#### [WHAT TO WORK ON]
Your task is to copy each line of the records that includes the string "reply".

#### [RECORDS SHOWN]
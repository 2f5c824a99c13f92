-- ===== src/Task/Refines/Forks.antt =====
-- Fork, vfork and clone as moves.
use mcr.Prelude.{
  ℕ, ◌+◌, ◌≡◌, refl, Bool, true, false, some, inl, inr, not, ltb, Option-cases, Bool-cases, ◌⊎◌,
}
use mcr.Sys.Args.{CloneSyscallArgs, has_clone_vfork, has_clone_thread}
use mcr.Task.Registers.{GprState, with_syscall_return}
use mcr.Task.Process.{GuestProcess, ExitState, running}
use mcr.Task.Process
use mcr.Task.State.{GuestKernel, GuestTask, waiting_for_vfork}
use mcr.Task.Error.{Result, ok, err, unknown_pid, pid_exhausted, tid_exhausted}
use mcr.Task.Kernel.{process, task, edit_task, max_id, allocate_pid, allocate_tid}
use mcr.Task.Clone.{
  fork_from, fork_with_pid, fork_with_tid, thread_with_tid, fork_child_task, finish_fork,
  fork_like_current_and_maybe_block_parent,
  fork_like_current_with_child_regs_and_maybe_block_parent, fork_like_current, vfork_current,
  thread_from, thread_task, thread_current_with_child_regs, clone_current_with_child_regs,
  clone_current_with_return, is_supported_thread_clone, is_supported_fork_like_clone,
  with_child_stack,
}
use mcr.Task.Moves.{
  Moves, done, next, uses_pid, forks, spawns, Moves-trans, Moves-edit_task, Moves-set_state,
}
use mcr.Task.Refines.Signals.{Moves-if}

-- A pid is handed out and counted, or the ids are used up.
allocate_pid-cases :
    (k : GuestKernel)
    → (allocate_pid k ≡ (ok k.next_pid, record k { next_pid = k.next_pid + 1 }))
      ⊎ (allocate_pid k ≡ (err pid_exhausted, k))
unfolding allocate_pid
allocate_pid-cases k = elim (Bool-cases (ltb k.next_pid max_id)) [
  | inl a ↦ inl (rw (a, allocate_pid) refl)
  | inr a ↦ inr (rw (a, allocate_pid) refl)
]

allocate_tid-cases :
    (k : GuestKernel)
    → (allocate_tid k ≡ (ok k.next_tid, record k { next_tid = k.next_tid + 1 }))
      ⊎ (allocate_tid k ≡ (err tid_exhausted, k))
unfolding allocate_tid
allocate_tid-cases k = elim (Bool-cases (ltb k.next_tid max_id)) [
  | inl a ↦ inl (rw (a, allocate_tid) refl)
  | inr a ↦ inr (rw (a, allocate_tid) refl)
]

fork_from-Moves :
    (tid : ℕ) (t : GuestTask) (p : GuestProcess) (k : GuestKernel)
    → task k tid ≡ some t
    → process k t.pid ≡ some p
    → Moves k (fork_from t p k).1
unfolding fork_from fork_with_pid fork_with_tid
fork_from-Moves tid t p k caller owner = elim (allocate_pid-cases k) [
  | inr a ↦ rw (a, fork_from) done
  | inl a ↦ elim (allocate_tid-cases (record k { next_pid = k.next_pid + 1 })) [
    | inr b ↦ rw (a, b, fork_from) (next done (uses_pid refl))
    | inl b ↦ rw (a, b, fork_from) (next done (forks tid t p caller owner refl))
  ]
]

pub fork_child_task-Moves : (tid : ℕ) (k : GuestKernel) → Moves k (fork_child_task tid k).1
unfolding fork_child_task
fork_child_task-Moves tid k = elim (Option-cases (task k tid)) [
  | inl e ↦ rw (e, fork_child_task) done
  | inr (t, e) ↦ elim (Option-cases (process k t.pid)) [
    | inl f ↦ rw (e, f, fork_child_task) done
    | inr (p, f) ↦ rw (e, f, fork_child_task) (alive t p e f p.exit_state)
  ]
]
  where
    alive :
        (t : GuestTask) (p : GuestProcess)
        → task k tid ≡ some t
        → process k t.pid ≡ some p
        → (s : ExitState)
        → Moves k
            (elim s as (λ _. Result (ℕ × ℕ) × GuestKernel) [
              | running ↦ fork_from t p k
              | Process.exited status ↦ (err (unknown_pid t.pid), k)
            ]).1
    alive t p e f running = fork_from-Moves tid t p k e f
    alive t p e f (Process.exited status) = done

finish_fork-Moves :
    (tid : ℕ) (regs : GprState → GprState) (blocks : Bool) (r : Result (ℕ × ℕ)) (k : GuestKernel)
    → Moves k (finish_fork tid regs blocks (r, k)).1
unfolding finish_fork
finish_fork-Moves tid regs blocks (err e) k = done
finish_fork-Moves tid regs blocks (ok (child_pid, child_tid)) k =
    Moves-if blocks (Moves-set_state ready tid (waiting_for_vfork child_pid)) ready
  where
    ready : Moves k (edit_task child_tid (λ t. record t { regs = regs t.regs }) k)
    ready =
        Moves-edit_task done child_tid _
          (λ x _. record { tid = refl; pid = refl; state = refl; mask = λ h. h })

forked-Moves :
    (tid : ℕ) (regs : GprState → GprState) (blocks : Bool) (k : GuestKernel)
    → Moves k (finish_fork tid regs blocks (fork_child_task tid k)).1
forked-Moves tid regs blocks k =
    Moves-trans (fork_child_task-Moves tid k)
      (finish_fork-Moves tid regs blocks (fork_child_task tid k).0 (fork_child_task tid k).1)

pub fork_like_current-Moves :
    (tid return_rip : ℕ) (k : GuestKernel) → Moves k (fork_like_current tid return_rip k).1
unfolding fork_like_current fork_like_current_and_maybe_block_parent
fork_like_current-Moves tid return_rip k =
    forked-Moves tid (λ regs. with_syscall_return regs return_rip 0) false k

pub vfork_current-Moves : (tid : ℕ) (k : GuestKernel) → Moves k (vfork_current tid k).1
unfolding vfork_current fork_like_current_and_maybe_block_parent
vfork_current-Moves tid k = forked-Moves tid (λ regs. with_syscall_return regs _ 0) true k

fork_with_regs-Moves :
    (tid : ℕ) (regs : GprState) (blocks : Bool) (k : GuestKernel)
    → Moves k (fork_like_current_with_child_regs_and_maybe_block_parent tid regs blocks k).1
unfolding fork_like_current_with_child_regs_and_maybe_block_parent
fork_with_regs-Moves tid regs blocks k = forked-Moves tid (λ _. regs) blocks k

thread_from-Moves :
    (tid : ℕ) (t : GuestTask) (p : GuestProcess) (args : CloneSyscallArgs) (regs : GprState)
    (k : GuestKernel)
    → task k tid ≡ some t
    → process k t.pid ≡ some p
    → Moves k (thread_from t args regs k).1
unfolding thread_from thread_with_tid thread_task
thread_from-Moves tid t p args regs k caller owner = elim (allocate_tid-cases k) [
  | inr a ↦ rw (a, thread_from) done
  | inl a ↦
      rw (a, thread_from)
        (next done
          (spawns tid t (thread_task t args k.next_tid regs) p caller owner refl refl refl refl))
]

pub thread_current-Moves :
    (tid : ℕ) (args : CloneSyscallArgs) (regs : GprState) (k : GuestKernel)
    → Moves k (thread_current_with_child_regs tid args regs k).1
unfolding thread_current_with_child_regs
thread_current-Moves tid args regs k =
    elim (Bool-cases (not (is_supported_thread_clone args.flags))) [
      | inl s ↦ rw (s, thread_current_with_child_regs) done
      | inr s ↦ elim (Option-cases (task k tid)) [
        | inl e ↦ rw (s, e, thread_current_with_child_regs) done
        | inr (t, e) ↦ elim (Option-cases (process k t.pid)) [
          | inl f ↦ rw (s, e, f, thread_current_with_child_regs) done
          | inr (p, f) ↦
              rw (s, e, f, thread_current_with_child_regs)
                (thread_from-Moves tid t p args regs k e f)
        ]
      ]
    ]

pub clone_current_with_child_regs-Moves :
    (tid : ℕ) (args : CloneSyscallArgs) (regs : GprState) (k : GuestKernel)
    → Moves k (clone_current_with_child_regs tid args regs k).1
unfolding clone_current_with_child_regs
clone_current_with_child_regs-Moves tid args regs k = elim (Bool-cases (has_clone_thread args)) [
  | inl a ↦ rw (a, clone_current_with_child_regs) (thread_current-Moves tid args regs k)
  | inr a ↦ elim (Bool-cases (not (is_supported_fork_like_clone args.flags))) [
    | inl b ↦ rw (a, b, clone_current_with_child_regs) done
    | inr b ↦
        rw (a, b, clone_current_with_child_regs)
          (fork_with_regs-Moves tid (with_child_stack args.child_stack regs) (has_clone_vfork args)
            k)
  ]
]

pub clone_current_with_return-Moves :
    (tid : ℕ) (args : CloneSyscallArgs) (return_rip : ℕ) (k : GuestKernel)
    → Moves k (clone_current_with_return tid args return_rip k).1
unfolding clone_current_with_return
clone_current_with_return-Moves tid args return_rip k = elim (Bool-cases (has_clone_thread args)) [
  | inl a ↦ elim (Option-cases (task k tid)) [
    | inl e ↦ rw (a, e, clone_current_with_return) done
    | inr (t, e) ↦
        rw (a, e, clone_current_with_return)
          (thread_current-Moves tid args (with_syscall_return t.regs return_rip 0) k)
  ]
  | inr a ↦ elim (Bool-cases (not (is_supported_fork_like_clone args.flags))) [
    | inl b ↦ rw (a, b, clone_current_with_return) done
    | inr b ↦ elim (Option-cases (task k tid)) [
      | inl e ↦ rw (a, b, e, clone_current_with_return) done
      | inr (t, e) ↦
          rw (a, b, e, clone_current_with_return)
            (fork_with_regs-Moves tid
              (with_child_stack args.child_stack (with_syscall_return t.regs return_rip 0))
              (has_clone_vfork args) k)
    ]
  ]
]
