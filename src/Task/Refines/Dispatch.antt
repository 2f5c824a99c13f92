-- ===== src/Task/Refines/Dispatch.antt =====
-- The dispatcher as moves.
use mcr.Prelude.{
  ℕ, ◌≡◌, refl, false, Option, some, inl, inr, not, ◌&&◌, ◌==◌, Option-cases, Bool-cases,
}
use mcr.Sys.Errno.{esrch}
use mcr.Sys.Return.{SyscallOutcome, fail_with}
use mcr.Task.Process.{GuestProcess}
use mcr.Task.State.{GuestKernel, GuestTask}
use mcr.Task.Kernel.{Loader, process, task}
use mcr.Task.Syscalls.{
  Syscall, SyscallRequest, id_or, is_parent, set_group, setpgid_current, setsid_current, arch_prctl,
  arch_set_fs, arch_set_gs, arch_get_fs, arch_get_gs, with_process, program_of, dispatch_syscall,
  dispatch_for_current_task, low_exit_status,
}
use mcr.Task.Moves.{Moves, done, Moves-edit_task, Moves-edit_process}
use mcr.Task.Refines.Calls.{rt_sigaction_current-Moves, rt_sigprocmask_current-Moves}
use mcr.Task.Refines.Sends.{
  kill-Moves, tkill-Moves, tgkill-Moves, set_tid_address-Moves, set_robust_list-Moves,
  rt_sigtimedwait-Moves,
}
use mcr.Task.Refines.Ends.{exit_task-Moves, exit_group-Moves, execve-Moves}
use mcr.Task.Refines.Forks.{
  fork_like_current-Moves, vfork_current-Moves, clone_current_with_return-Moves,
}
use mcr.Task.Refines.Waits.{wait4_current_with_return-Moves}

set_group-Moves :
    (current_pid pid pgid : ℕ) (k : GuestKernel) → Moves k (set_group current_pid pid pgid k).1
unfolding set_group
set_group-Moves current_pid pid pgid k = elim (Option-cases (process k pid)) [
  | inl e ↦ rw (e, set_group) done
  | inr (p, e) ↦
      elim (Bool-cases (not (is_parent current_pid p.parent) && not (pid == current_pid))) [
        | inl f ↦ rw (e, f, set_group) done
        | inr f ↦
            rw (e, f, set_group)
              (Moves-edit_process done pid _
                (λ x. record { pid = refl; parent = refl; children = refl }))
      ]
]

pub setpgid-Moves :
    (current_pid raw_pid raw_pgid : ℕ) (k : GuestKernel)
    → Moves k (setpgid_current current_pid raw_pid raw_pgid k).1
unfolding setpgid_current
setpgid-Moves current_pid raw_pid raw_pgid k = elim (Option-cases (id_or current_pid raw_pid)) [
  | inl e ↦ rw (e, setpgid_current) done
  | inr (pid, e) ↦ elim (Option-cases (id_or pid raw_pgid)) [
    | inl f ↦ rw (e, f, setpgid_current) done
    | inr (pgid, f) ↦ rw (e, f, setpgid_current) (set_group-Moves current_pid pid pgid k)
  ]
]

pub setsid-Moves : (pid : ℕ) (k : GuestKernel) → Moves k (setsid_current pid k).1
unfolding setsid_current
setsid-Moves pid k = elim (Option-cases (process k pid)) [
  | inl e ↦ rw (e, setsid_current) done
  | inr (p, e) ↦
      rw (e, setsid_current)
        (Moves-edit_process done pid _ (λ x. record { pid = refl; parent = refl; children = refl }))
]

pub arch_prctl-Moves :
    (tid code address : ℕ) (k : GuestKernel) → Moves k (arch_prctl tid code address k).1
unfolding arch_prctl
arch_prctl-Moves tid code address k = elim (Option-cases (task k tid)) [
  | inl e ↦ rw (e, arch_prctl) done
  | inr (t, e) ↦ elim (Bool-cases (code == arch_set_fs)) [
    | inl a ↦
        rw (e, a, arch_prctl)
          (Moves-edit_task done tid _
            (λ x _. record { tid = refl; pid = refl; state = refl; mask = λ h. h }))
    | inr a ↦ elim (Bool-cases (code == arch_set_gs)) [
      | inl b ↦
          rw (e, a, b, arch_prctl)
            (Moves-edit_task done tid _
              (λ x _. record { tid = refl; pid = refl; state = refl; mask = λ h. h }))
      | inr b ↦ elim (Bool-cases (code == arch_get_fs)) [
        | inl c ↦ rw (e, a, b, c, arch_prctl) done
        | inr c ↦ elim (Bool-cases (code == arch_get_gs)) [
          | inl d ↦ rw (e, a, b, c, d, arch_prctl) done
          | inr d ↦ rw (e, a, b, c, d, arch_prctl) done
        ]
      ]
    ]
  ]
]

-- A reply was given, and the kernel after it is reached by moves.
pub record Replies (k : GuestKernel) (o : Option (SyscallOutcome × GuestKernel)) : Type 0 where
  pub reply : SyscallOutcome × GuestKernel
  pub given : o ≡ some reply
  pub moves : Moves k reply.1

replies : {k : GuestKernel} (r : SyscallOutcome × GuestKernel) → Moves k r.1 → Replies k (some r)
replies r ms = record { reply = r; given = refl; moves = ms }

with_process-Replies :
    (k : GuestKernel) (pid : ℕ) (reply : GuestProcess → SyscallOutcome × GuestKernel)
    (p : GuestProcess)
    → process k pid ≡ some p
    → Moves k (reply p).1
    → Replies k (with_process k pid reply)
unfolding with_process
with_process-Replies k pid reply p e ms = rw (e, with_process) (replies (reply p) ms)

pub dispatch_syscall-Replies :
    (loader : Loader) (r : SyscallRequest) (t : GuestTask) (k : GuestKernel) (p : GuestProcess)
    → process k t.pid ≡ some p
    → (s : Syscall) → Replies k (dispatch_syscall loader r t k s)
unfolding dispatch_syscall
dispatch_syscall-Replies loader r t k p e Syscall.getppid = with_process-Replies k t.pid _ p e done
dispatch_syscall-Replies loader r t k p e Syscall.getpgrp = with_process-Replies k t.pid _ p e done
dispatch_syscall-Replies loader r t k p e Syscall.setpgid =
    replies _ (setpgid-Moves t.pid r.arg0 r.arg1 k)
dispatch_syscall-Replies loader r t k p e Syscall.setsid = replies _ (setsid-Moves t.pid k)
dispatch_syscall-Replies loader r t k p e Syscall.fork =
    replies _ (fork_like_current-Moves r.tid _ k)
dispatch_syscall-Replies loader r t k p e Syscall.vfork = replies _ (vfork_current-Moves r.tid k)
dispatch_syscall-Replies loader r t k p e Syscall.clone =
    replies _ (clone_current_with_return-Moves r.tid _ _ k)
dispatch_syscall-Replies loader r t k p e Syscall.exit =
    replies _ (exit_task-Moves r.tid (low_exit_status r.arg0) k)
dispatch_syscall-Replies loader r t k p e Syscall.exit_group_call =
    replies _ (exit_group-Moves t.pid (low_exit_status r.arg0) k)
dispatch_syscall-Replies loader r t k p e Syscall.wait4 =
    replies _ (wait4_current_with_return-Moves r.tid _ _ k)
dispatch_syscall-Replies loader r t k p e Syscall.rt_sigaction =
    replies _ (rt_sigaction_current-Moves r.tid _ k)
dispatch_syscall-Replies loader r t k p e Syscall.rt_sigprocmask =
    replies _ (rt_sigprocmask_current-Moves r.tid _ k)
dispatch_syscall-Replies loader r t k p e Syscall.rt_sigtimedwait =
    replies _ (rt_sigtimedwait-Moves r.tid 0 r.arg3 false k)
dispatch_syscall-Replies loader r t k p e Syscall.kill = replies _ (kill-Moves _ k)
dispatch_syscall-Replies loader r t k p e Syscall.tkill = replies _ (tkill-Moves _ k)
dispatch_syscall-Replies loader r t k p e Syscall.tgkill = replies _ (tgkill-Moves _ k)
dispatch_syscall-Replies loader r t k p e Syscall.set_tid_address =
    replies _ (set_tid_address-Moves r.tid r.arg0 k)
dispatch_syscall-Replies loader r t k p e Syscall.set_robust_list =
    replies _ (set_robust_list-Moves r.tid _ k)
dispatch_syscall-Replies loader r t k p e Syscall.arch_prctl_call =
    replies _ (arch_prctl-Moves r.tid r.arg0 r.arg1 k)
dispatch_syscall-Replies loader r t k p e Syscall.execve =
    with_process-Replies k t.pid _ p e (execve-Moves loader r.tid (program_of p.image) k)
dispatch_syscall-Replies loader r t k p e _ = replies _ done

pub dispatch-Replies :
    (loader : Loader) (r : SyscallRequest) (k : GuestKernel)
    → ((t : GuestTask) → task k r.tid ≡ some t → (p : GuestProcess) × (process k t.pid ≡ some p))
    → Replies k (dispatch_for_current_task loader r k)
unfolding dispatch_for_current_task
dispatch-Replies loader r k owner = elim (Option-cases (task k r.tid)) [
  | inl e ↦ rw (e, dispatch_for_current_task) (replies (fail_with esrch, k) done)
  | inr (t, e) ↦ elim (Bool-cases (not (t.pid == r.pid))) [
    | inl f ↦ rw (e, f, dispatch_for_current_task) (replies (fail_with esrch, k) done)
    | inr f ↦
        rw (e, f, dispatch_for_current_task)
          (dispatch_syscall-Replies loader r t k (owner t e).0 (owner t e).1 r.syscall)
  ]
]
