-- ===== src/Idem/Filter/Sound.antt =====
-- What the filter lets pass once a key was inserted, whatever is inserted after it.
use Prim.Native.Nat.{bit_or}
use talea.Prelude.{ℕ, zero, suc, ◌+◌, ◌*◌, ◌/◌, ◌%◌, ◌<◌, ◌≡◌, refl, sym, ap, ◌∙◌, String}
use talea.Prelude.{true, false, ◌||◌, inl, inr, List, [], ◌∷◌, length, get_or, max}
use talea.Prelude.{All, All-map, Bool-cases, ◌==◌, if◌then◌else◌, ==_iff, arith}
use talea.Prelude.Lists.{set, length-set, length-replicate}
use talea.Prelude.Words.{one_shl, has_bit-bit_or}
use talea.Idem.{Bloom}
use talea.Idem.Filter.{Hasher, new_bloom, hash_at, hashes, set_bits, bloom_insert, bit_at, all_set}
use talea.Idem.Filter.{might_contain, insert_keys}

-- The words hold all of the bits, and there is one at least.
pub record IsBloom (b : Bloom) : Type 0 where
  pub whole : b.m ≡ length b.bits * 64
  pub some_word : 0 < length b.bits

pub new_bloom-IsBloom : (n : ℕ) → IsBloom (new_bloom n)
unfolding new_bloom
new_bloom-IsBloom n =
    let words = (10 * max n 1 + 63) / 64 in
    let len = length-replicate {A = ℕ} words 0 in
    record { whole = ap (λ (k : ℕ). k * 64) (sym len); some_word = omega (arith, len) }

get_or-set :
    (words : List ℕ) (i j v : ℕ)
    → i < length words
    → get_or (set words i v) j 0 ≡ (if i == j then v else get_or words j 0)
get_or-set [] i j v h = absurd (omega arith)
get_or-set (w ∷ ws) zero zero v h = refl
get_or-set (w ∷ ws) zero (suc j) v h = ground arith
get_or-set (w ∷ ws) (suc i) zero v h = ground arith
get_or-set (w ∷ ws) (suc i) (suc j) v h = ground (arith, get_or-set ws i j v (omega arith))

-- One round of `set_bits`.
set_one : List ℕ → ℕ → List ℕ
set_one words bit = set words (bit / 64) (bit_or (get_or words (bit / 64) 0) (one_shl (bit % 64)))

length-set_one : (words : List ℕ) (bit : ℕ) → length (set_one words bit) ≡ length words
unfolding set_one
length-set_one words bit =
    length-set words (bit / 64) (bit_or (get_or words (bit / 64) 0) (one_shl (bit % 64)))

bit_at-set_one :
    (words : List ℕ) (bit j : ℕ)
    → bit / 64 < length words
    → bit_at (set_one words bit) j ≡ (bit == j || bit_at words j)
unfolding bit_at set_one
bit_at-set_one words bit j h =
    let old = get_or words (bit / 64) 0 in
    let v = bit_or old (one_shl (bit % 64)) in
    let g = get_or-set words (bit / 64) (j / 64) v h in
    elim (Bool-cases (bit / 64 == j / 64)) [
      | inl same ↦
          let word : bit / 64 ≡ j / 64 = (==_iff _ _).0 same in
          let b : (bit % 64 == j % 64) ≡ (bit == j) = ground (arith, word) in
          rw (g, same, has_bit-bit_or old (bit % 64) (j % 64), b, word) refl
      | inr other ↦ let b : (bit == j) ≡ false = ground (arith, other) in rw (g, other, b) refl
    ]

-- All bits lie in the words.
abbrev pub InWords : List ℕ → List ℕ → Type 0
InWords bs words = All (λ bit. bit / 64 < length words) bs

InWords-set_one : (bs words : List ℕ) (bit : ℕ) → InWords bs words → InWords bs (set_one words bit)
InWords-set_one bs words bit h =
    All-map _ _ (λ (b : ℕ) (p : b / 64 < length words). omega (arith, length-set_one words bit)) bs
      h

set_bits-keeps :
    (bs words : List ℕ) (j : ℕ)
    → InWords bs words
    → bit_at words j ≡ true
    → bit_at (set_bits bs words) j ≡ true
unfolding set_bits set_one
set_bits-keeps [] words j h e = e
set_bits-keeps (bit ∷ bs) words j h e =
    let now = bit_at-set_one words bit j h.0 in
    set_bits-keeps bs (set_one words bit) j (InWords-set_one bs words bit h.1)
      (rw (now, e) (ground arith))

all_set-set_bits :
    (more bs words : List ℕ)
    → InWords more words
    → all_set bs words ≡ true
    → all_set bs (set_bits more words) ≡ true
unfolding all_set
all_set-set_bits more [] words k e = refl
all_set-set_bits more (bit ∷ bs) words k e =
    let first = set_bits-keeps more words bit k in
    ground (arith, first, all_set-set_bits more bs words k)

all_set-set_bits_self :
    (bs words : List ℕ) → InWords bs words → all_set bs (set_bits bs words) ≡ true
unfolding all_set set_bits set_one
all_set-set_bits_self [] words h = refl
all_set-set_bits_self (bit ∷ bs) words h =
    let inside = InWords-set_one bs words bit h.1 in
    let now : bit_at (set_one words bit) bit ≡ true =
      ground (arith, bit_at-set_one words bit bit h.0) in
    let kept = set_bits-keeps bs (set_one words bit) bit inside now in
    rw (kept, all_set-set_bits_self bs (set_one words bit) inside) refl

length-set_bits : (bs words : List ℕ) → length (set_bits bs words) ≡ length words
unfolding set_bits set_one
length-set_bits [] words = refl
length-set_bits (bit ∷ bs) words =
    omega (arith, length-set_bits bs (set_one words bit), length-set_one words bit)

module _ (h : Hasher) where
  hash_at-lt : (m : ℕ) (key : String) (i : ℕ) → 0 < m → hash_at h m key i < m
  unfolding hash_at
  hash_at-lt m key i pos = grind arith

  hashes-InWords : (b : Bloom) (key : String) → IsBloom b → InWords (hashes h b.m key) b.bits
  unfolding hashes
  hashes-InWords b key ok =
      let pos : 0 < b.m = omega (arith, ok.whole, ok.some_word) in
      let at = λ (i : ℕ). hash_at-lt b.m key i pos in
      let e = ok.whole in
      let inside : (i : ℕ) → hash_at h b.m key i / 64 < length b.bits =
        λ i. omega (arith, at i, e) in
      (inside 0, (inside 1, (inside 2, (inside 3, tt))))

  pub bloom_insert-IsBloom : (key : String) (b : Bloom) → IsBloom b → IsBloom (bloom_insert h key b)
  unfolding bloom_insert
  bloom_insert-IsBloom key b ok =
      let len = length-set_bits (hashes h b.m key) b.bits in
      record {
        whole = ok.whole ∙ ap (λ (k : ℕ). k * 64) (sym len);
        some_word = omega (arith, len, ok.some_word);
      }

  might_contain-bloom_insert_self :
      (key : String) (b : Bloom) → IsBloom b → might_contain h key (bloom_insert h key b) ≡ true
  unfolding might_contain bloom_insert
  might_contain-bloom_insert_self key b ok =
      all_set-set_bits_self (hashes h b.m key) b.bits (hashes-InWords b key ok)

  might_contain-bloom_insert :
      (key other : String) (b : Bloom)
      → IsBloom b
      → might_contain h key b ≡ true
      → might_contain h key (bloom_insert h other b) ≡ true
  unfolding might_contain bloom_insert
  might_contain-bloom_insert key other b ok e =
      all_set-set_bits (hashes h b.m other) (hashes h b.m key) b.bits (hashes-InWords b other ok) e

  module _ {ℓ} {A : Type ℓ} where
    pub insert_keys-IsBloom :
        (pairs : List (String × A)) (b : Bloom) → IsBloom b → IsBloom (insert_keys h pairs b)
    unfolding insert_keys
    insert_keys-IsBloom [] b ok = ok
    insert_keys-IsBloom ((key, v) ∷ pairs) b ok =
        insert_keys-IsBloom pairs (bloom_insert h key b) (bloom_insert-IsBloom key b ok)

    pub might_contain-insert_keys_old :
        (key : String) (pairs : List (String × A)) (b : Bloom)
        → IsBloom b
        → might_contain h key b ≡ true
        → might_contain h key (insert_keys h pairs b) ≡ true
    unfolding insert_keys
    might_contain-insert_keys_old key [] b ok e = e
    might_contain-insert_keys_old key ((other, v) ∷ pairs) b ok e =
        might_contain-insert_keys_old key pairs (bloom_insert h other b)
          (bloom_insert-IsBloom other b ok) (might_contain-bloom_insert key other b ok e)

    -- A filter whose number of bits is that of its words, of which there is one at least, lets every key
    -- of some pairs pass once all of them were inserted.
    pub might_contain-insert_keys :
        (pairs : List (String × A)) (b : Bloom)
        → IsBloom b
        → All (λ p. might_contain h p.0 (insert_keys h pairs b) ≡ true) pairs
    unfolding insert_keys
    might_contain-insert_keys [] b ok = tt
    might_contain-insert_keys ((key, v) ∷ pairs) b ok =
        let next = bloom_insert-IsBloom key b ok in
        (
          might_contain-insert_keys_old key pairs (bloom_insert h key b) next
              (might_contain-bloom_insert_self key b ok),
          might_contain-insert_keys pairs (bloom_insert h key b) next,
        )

#### [OUTPUT OF THE EXERCISE]
-- A reply was given, and the kernel after it is reached by moves.
  pub reply : SyscallOutcome × GuestKernel
  pub given : o ≡ some reply
  pub moves : Moves k reply.1
replies r ms = record { reply = r; given = refl; moves = ms }
    (k : GuestKernel) (pid : ℕ) (reply : GuestProcess → SyscallOutcome × GuestKernel)
    → Moves k (reply p).1
    → Replies k (with_process k pid reply)
with_process-Replies k pid reply p e ms = rw (e, with_process) (replies (reply p) ms)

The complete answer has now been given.